▶ **What you need to do**
Within the records, find every line that includes the word "Type" and copy it.

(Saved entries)
-------

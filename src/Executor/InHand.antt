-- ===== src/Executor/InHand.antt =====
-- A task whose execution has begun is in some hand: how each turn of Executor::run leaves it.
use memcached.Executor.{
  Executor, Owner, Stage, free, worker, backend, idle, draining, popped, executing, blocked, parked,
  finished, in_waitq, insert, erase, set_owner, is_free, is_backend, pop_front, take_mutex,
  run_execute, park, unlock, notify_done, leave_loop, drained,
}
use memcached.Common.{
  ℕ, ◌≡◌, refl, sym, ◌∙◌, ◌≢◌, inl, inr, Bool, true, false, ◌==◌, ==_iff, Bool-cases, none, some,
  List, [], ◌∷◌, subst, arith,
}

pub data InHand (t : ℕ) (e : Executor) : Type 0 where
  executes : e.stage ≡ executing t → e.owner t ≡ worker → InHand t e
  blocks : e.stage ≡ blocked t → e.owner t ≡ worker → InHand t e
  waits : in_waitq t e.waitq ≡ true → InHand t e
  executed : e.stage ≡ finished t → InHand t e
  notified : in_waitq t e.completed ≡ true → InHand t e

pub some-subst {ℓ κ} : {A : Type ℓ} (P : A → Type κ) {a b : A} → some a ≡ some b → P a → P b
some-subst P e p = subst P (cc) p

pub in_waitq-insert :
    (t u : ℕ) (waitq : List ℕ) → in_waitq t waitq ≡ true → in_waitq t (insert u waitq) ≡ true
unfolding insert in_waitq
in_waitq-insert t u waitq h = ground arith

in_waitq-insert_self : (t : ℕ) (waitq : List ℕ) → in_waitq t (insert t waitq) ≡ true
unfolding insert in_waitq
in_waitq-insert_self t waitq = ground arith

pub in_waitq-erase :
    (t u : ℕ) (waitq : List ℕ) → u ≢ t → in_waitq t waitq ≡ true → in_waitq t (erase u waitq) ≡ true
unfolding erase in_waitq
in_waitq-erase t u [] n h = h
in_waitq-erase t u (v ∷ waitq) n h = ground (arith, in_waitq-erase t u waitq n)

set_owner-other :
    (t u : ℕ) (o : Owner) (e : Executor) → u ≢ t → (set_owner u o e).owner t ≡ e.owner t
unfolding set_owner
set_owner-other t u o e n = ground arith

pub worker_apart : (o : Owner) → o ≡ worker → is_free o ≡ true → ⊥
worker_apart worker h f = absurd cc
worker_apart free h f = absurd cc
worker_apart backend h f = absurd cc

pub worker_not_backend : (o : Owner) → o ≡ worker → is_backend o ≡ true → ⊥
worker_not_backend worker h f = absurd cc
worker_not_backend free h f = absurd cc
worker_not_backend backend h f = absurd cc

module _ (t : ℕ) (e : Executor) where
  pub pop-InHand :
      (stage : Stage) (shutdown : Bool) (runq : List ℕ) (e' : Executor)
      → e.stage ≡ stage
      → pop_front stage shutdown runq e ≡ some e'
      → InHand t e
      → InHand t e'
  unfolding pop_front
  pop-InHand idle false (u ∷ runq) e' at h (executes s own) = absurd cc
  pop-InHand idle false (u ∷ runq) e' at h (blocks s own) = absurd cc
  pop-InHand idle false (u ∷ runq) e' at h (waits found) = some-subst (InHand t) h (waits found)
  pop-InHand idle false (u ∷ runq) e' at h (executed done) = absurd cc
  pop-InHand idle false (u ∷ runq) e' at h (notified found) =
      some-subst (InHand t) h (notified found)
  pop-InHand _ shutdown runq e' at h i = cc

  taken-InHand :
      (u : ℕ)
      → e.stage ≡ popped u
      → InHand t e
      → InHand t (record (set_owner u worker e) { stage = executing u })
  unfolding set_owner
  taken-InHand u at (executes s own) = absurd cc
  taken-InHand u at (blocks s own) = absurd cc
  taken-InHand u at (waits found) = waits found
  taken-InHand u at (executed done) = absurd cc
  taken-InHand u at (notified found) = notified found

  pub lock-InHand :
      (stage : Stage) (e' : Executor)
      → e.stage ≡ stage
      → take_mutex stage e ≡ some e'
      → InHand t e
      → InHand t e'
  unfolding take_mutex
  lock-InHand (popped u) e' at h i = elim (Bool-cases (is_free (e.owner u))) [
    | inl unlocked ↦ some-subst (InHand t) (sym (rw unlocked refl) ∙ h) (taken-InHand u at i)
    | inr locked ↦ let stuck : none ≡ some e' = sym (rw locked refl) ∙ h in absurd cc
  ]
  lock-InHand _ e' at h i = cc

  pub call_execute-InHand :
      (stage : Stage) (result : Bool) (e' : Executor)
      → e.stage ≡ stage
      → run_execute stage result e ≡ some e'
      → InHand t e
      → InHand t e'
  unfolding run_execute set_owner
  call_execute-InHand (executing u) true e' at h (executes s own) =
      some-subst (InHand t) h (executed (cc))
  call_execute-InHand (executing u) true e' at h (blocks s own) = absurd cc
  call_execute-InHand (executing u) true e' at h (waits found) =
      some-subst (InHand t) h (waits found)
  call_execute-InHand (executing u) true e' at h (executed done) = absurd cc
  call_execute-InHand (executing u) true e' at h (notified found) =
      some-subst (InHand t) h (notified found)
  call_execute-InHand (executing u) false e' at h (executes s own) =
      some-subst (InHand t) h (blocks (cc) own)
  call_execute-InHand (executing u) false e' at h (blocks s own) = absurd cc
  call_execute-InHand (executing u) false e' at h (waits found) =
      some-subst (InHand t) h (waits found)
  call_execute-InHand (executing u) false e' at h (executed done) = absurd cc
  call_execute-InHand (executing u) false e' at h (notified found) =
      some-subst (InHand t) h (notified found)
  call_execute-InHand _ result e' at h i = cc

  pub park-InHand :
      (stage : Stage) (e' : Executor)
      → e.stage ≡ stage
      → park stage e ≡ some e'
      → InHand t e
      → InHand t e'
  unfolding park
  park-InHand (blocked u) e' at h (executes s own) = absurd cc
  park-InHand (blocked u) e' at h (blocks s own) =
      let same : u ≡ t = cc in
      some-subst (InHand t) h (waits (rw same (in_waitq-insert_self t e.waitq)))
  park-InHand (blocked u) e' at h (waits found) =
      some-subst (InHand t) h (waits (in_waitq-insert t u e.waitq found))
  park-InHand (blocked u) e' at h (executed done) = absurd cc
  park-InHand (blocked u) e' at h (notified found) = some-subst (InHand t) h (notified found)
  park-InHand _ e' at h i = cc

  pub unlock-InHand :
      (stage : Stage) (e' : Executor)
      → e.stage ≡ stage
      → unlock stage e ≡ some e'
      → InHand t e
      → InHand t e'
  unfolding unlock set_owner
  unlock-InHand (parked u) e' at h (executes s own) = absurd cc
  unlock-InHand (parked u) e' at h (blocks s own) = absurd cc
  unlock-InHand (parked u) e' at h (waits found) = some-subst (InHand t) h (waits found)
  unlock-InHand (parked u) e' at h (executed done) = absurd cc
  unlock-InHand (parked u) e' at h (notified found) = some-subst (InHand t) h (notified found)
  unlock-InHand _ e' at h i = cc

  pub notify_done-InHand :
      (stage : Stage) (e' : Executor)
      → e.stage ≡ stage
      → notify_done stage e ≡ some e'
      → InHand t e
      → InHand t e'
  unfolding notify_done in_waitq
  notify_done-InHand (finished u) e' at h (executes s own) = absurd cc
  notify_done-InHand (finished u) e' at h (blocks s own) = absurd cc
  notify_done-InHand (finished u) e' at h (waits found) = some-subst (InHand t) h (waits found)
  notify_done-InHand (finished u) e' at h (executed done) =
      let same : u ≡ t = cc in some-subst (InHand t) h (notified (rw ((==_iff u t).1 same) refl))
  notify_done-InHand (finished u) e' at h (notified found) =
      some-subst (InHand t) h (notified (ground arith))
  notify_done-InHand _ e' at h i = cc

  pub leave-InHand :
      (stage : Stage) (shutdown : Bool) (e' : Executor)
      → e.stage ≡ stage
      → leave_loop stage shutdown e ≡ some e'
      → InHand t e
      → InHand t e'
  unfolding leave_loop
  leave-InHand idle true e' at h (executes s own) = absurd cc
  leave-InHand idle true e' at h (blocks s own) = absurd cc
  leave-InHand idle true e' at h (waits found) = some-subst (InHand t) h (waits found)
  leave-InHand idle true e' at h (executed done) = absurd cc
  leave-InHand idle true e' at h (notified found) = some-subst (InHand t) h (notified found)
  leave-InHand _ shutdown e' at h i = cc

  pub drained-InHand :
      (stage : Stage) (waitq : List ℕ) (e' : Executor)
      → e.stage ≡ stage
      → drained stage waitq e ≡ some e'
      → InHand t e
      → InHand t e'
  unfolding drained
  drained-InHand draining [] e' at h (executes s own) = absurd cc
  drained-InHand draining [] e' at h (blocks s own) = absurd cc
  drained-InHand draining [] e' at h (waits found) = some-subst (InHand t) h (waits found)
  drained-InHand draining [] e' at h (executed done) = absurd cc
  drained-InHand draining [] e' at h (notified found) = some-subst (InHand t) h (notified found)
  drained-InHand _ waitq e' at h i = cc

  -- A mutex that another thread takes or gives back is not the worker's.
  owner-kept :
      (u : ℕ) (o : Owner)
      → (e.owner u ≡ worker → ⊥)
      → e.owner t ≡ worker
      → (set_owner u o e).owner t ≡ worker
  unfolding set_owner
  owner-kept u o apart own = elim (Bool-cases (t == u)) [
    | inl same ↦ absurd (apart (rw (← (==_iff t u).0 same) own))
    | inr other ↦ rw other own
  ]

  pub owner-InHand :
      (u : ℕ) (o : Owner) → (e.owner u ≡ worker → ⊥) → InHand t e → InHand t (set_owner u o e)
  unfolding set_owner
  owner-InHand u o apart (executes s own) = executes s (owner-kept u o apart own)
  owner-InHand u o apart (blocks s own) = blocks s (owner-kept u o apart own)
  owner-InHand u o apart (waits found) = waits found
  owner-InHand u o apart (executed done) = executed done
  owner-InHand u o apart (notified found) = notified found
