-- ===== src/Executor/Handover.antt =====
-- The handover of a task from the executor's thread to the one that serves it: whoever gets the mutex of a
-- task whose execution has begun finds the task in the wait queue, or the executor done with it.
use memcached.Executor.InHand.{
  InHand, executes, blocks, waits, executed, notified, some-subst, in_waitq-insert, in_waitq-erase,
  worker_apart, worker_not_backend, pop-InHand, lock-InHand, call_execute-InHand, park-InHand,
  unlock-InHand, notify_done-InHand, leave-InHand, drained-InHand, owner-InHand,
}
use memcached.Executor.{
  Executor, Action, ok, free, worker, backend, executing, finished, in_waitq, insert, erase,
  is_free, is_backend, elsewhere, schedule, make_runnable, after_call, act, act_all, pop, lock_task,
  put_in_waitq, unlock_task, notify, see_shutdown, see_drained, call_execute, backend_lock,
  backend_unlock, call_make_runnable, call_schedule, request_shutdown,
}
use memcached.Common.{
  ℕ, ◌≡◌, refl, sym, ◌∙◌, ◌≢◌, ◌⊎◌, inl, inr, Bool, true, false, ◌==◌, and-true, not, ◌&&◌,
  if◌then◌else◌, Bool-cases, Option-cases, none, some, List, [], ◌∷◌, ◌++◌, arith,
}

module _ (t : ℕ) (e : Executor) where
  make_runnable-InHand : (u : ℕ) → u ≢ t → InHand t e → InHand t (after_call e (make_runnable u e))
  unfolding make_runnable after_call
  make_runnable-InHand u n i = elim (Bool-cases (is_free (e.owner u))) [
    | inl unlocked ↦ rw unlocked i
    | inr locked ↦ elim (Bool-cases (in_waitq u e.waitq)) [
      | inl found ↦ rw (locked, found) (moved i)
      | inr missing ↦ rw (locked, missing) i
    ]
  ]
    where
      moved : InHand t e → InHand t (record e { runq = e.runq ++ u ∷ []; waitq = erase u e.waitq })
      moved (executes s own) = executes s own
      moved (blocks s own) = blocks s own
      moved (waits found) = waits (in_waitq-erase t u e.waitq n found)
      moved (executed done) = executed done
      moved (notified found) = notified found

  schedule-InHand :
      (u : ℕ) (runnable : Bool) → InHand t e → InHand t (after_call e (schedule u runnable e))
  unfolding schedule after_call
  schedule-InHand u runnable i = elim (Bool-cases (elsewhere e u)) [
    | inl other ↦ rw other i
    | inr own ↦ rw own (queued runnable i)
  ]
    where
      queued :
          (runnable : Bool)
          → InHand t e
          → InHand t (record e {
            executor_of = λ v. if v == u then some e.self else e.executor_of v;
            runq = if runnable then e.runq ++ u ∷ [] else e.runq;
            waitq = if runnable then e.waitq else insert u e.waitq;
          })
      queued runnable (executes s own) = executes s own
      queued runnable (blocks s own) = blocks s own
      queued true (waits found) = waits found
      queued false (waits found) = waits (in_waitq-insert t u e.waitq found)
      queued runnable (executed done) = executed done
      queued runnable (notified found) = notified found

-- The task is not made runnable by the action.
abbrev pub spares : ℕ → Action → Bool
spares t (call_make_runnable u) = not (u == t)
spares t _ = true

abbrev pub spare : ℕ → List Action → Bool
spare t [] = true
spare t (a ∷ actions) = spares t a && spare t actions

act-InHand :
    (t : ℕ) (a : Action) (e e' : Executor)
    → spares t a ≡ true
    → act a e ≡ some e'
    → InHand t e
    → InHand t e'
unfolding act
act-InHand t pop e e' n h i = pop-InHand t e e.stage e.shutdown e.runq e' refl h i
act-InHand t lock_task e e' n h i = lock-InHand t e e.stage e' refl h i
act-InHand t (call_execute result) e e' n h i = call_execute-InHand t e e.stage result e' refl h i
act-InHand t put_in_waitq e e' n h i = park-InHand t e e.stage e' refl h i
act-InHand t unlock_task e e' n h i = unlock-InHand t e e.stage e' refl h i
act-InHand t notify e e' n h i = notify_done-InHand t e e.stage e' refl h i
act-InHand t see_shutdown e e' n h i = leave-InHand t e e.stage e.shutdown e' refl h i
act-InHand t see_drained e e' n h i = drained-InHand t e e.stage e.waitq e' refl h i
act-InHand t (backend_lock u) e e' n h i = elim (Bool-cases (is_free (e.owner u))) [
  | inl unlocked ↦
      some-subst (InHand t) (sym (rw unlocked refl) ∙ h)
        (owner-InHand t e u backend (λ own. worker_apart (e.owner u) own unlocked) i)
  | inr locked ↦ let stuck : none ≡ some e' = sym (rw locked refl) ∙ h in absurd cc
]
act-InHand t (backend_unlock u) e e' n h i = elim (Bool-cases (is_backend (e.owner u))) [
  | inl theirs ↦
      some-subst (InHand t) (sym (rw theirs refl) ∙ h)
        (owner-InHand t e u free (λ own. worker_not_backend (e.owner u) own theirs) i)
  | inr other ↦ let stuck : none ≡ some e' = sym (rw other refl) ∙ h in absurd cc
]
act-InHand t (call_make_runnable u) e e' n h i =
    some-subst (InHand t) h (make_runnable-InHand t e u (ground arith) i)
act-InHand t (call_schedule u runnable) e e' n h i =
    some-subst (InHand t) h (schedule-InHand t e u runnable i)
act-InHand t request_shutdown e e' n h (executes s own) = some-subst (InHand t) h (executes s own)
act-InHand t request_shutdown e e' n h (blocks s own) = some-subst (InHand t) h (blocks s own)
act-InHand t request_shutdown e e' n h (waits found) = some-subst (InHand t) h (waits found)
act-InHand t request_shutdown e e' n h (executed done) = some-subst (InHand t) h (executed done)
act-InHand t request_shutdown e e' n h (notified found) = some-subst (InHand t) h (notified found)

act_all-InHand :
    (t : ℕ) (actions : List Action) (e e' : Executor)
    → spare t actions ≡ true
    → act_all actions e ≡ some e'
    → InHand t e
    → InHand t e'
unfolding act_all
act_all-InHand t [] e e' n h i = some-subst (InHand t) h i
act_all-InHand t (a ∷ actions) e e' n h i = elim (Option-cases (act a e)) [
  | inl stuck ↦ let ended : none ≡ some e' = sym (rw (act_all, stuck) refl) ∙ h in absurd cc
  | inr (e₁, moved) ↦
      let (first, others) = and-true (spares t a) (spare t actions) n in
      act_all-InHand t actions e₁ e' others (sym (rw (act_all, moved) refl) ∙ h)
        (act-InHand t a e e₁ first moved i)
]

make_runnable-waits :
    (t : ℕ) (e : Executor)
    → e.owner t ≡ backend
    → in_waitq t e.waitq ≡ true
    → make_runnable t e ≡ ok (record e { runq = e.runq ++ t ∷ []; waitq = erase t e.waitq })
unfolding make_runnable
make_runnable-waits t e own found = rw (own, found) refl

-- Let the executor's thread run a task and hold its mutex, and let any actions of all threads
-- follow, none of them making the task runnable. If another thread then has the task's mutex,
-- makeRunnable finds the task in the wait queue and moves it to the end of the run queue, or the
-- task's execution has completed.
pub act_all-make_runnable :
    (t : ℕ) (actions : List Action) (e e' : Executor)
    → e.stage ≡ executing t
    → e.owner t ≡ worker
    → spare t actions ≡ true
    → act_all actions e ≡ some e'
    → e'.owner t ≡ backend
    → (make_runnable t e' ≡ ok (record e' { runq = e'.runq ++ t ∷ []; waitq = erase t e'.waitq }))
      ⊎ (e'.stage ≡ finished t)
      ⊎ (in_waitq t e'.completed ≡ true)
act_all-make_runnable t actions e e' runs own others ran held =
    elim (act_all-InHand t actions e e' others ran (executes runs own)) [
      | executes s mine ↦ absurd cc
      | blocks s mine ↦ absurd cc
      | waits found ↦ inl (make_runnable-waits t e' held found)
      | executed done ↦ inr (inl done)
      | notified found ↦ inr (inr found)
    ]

-------

▶ **Exercise output**
pub data InHand (t : ℕ) (e : Executor) : Type 0 where
pub some-subst {ℓ κ} : {A : Type ℓ} (P : A → Type κ) {a b : A} → some a ≡ some b → P a → P b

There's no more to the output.